In: Statistics and Probability
Write a code in R markdown
Independent random samples of companies in the three countries yielded the following data on financial losses (in trillion dollars).
A | B | C |
13 | 17 | 11 |
10 | 12 | 7 |
13 | 18 | 9 |
14 | 13 | 13 |
15 | 15 | 24 |
(1) Simulate and plot the null distribution of the ANOVA test statistic, including a vertical line corresponding to the observed test statistic value.
(2) Calculate the P-value
(3) Is there a significant difference in the mean profit losses among the three countries? Compare your conclusion with the ordinary one-way ANOVA in the problem above.
(4) Are the residuals normal? Why or why not? Is the ANOVA procedure justified?
R Code:
## Exercise 1
##1
```{r}
la=c(13,10,13,14,15)
lb=c(17,12,18,13,15)
lc=c(11,7,9,13,24)
company=c(rep(1,5),rep(2,5),rep(3,5))
company=as.factor(company)
loss=c(la,lb,lc)
w=aov(lm(loss~company))
anova(w)
```
Thus we get the observed F value as .4096. Now the null
distribution is F with 2 and 12 degrees of freedom.
```{r}
curve(df(x,2,12),0,10,col="red",ylab="Density")
abline(v =.4096, untf = FALSE,col="green")
```
#2.
The p value is calculated as .6729.
#3.
Since the p value is more than the 5\%%\ level, no significant difference among the mean profit losses exists.
#4.
```{r}
h=resid(lm(loss~company))
boxplot(h)
boxplot(la,lb,lc,names=c("A","B","C"))
```
In order to check normality, we provide histogram and boxplot of
the residuals.
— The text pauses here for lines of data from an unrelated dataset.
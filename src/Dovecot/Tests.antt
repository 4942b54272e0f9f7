-- ===== src/Dovecot/Tests.antt =====
-- The Dovecot server at concrete connections.
use easymail.Base.{
  ◌==◌, ◌≡◌, inl, refl, Bool, true, false, List, [], ◌∷◌, arith, Bytes, codes, same, Dict, ◌&&◌,
}
use easymail.Text.{join, split, split_three}
use easymail.Dovecot.Server.{Server, start, stop, fine, not_started, panicked, restart_panics}
use easymail.Dovecot.Base64.{decode_string}
use easymail.Dovecot.Request.{attempt, request, params}
use easymail.Dovecot.Request.Laws.{auth_line, request-auth_line}
use easymail.Dovecot.Request.Sound.{Holds, request_sound}
use easymail.Dovecot.Handle.{Session, Conn, new_session, greet, serve, handle, data_line}
use easymail.Dovecot.Handle.Safety.{Among, Explained, Grown, serve-Explained}
use easymail.Dovecot.Handle.Whole.{Said, handle-Said}
use easymail.Dovecot.Handle.Refusal.{refusal_names_old_user}

-- One account, bob with the password "secret".
abbrev bob_only : Bytes → Bytes → Bool
bob_only user password = same user (codes "bob") && same password (codes "secret")

abbrev in_order : Dict Bytes → Dict Bytes
in_order m = m

abbrev good_line : Bytes
good_line = codes "AUTH\t7\tPLAIN\tservice=smtp\tresp=AGJvYgBzZWNyZXQ="

abbrev bad_line : Bytes
bad_line = codes "AUTH\t8\tPLAIN\tservice=smtp\tresp=AGV2ZQBzZWNyZXQ="

abbrev dialogue : List Bytes
dialogue = codes "VERSION\t1\t1" ∷ codes "CPID\t42" ∷ good_line ∷ codes "x" ∷ bad_line ∷ []

-- The last refusal names bob, whom the connection accepted before.
dialogue_said :
    (handle bob_only
      (λ _. false)
      in_order
      false
      (codes "9")
      (codes "1")
      (codes "c")
      dialogue
      (λ n. false)
      false).0.out
    ≡ codes "VERSION\t1\t1"
      ∷ codes "MECH\tPLAIN\tplaintext"
      ∷ codes "SPID\t9"
      ∷ codes "CUID\t1"
      ∷ codes "COOKIE\tc"
      ∷ codes "DONE"
      ∷ codes "OK\t7\tuser=bob"
      ∷ codes "FAIL\t7\tuser=bob\terror=invalid command: x"
      ∷ codes "FAIL\t8\tuser=bob\terror=invalid username or password"
      ∷ []
unfolding handle serve request split decode_string data_line
dialogue_said = refl

abbrev idle : Server
idle = record {
  name = codes "dovecot";
  stop_closed = false;
  started = true;
  family = codes "unix";
  listen = codes "/s";
  debug = false;
  has_log = true;
  count = 0;
  has_tracer = false;
}

restart_panics_example :
    ((stop idle).1 ≡ fine)
    × ((stop (stop idle).0).1 ≡ not_started)
    × ((start (stop idle).0).1 ≡ fine)
    × ((stop (start (stop idle).0).0).1 ≡ panicked)
restart_panics_example = restart_panics idle refl refl refl

request-auth_line_example :
    request (auth_line (codes "7") (codes "smtp") [] (codes "bob") (codes "secret"))
    ≡ attempt (codes "7") (codes "smtp") (codes "bob") (codes "secret")
request-auth_line_example =
    request-auth_line (codes "7") (codes "smtp") [] (codes "bob") (codes "secret") (omega arith)
      (omega arith) tt (omega arith) (omega arith)

request_sound_example :
    (ps : List Bytes) × (split 9 good_line ≡ codes "AUTH" ∷ codes "7" ∷ codes "PLAIN" ∷ ps)
    × Holds (params [] ps) (codes "smtp") (codes "bob") (codes "secret")
unfolding request
request_sound_example =
    request_sound good_line (codes "7") (codes "smtp") (codes "bob") (codes "secret")
      (unfold request split split_three decode_string in refl)

abbrev greeted : Session
greeted = record {
  cpid = codes "42";
  handshake_ok = true;
  cookie = codes "c";
  id = [];
  username = [];
  done = false;
}

abbrev quiet : Conn
quiet = record { session = greeted; reply = []; out = []; events = [] }

serve-Explained_example :
    Grown
      (Explained bob_only (good_line ∷ bad_line ∷ []))
      2
      quiet
      (serve bob_only (λ n. n == 1) in_order true (good_line ∷ bad_line ∷ []) quiet)
serve-Explained_example =
    serve-Explained bob_only (λ n. n == 1) in_order true (λ e. refl) (good_line ∷ bad_line ∷ [])
      quiet (inl refl)

handle-Said_example :
    Said bob_only
      (codes "9")
      (codes "1")
      (λ n. false)
      (greet (new_session (codes "c")) dialogue)
      (handle bob_only
        (λ _. false)
        in_order
        true
        (codes "9")
        (codes "1")
        (codes "c")
        dialogue
        (λ n. false)
        false).0.out
handle-Said_example =
    handle-Said bob_only in_order true (λ e. refl) (codes "9") (codes "1") (codes "c") dialogue
      (λ n. false) false

refusal_names_old_user_example :
    (fields : List Bytes) × Among (codes "user=bob") fields
    × ((serve bob_only (λ _. false) in_order false (good_line ∷ bad_line ∷ []) quiet).out
        ≡ codes "OK\t7\tuser=bob" ∷ join (9 ∷ []) (codes "FAIL" ∷ codes "8" ∷ fields) ∷ [])
unfolding request split split_three decode_string
refusal_names_old_user_example =
    refusal_names_old_user bob_only in_order false (λ e. refl) (λ e m h. h) good_line (codes "7")
      (codes "smtp") (codes "bob") (codes "secret") bad_line (codes "8") (codes "smtp")
      (codes "eve") (codes "secret") quiet refl refl refl refl (inl refl)
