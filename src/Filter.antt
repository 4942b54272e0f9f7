-- ===== src/Filter.antt =====
-- internal/app/domain/model/filter.go: the enumerations and the records of the spam filter. `Rule`
-- has the translation of rules into the rule language, `Key` a metric's key and `Timeout` its life,
-- `Metric` the operations on metrics, and `Listing` the listings.
pub mod Key
pub mod Listing
pub mod Rule
pub mod Timeout
pub mod Metric
use easymail.Base.{ℕ, Bytes}
use easymail.Base.Int.{ℤ}

-- `FilterCategory`.
pub data FilterCategory : Type 0 where
  all unknown ham spam : FilterCategory

-- `FilterAction`.
pub data FilterAction : Type 0 where
  accept trash defer reject discard quarantine : FilterAction

-- The numbers of the actions; the first is 1.
abbrev pub action_number : FilterAction → ℕ
action_number accept = 1
action_number trash = 2
action_number defer = 3
action_number reject = 4
action_number discard = 5
action_number quarantine = 6

-- `FilterStage`.
pub data FilterStage : Type 0 where
  connect helo mail_from rcpt_to header message : FilterStage

-- `MetricOperation`.
pub data MetricOperation : Type 0 where
  count collect : MetricOperation

-- `MetricUnit`; `other` is a number that names no unit.
pub data MetricUnit : Type 0 where
  minute hour day week month year : MetricUnit
  other : ℕ → MetricUnit

-- `FilterRule`; times in nanoseconds.
pub record FilterRule : Type 0 where
  pub id : ℤ
  pub priority : ℤ
  pub description : Bytes
  pub action : FilterAction
  pub client_ip : Bytes
  pub sender : Bytes
  pub header_from : Bytes
  pub nick : Bytes
  pub rcpt : Bytes
  pub size : Bytes
  pub mailer : Bytes
  pub subject : Bytes
  pub text : Bytes
  pub html : Bytes
  pub text_hash : Bytes
  pub attach_name : Bytes
  pub attach_hash : Bytes
  pub attach_md5 : Bytes
  pub attach_content : Bytes
  pub url : Bytes
  pub assembly : Bytes
  pub account_id : ℤ
  pub status : ℕ
  pub create_time : ℕ
  pub update_time : ℕ
  pub delete_time : ℕ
We find that the distribution of the residual is
more or less negatively skewed. Since it is not symmetric,
normality assumption seems not justified. We also provide side by
side boxplots to compare the variabilities. We also find
differences in variability and that all the distributiuons are not
symmetric (specially for Company A, the variability is least). Thus
usual ANOVA procedure is not justified.